El miedo nos asusta, pero al mismo tiempo nos fascina: de otro modo no se explicarían las producciones culturales y de entretenimiento que se basan en esta emoción, empezando por los thrillers y el terror, y antes aún por los antiguos cuentos que querían asustar a los niños con la bruja, la reina malvada, el lobo, el ogro y tanta violencia.
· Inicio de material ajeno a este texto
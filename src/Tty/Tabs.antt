-- ===== src/Tty/Tabs.antt =====
-- A tab ends at a column that is a multiple of four, within four spaces.
use kernel_legacy.Tty.{
  Tty, vga_width, vga_height, byte, tty_history_disable, write_entry, tty_framebuffer_write, at,
  wrap_y, wrap_cursor, put_printable, put_tab,
}
use kernel_legacy.Tty.Screen.{
  OnScreen, wrap_y-stays, wrap_y-once, wrap_x-stays, wrap_x-once, put_printable-Puts,
}
use kernel_legacy.Prelude.{
  ℕ, zero, suc, ◌+◌, ◌-◌, ◌%◌, ◌≤◌, ◌<◌, ◌≡◌, ap, ◌∙◌, inl, inr, Bool, arith, leb, ◌==◌,
  if◌then◌else◌, ==→eq, Bool-cases,
}

wrap_y-column :
    (n : ℕ) (t : Tty) → t.cursor.y ≤ vga_height → (wrap_y (suc n) t).cursor.x ≡ t.cursor.x
wrap_y-column n t le = elim (Bool-cases (leb vga_height t.cursor.y)) [
  | inr on ↦ ap (λ u. u.cursor.x) (wrap_y-stays (suc n) t (ground arith))
  | inl over ↦ ap (λ u. u.cursor.x) (wrap_y-once n t (ground (arith, le)))
]

-- the screen has a multiple of four columns
wrap_cursor-column :
    (t : Tty)
    → t.cursor.x ≤ vga_width
    → t.cursor.y < vga_height
    → (wrap_cursor t).cursor.x % 4 ≡ t.cursor.x % 4
unfolding wrap_cursor
wrap_cursor-column t le lt = elim (Bool-cases (t.cursor.x == vga_width)) [
  | inl wide ↦
      let full : t.cursor.x ≡ vga_width = ==→eq _ _ wide in
      ap (λ u. (wrap_y 231 u).cursor.x % 4) (wrap_x-once t full lt)
      ∙ ap (λ k. k % 4) (wrap_y-column 230 (at t 0 (suc t.cursor.y)) (omega arith))
      ∙ omega arith
  | inr inside ↦
      ap (λ u. (wrap_y 231 u).cursor.x % 4) (wrap_x-stays 4 t (ground arith))
      ∙ ap (λ k. k % 4) (wrap_y-column 230 t (omega arith))
]

put_printable-column :
    (t : Tty) (c : ℕ) → OnScreen t → (put_printable t c).cursor.x % 4 ≡ (t.cursor.x + 1) % 4
unfolding put_printable tty_framebuffer_write write_entry tty_history_disable
put_printable-column t c on =
    let x = on.column in
    let y = on.line in
    let moved = λ (u : Tty). at (write_entry u c) (byte (t.cursor.x + 1)) t.cursor.y in
    let step : byte (t.cursor.x + 1) ≡ t.cursor.x + 1 = omega arith in
    let run = λ (b : Bool).
      let w = write_entry (if b then tty_history_disable t else t) c in
      (wrap_cursor (at w (byte (w.cursor.x + 1)) w.cursor.y)).cursor.x % 4 in
    elim (Bool-cases t.history.status) [
      | inl past ↦
          ap run past
          ∙ wrap_cursor-column (moved (tty_history_disable t)) (omega arith) y
          ∙ ap (λ k. k % 4) step
      | inr now ↦ ap run now ∙ wrap_cursor-column (moved t) (omega arith) y ∙ ap (λ k. k % 4) step
    ]

put_tab-stops :
    (n : ℕ) (t : Tty) → OnScreen t → 4 - t.cursor.x % 4 ≤ n → (put_tab n t).cursor.x % 4 ≡ 0
unfolding put_tab
put_tab-stops zero t on enough = absurd (omega arith)
put_tab-stops (suc n) t on enough =
    let spaced = put_printable t 32 in
    let step : spaced.cursor.x % 4 ≡ (t.cursor.x + 1) % 4 = put_printable-column t 32 on in
    elim (Bool-cases (spaced.cursor.x % 4 == 0)) [
      | inl done ↦ rw (put_tab, done) (==→eq _ _ done)
      | inr more ↦
          rw (put_tab, more)
            (put_tab-stops n spaced (put_printable-Puts t 32 on).0 (ground (arith, step, enough)))
    ]

-- From a cursor on the screen the loop for a tab ends within four rounds: the column behind it is a
-- multiple of four.
put_tab-column : (t : Tty) → OnScreen t → (put_tab 4 t).cursor.x % 4 ≡ 0
put_tab-column t on = put_tab-stops 4 t on (omega arith)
Quizás incluso estos días tan difíciles, a la sombra de la guerra, contienen un halo de fascinación ambigua, por lo que todos tenemos miedo, pero al mismo tiempo sentimos una especie de tensión emocional, por no decir excitación. Nos encontramos ante la carga reveladora contenida en esas experiencias límite que Karl Jaspers denominaba «situaciones límite».

 

Pero si el miedo es un dios, ¿cómo nos comportamos ante un dios? En primer lugar, se teme al dios. Y en este temor, que no es terror sino sentido de las dimensiones, se adquiere sabiduría.

 

De hecho, está escrito: «El principio de la sabiduría es el temor del Señor» (Proverbios 9,10). En el dintel del templo de Delfos estaba grabada la máxima que tanto impresionó a Sócrates: «Conócete a ti mismo». Parece que en origen se trataba de una advertencia a todos los fieles para que nunca olvidaran su condición mortal: conócete a ti mismo, es decir, tu fragilidad, tu destino a la muerte.

 

A partir de Sócrates, sin embargo, la máxima se entendió como una exhortación a profundizar en nuestra naturaleza, ese misterio de un pedazo de materia que se descubre radicalmente diferente de cualquier otro pedazo de materia y de cualquier otro ser vivo, ya que está habitado por vida interior, emociones, sentimientos, conocimiento, ideales.

 

Así, la advertencia délfica «Conócete a ti mismo» comenzó a transformarse en una pregunta: ¿Quién soy yo? Como ser humano, ¿qué soy?

 

La respuesta que dio Sócrates y con él Occidente fue: tú eres tu alma. El término «alma» se refiere a nuestra interioridad, esa misma dimensión que nos hace sentir miedo, pero también pasión, emoción, amor.

 

También se podría decir que somos nuestro corazón. Y es precisamente del término latino para corazón, “cor”, de donde proviene «coraje», el antídoto contra el miedo.

 

Valentía significa acción del corazón. No es lo contrario del miedo, porque lo supone; es la superación del miedo, porque lo vence.

 

Sin miedo no se puede tener valentía, se tiene temeridad, es decir, imprudencia e ignorancia, porque se ignoran las valiosas informaciones que provienen de la emoción del miedo. Solo teniendo miedo se puede generar la acción del corazón llamada valentía.

 

El contacto con el peligro nos puede hacer comprender quiénes somos: somos una mente asustada, es cierto, pero también podemos ser una mente que discierne ese miedo y lee su información, y llegar a ser un corazón que supera el miedo mediante el valor, es decir, la acción disciplinada e inteligente que no ignora los peligros de la realidad, sino que precisamente por eso sabe reconocerlos y derrotarlos.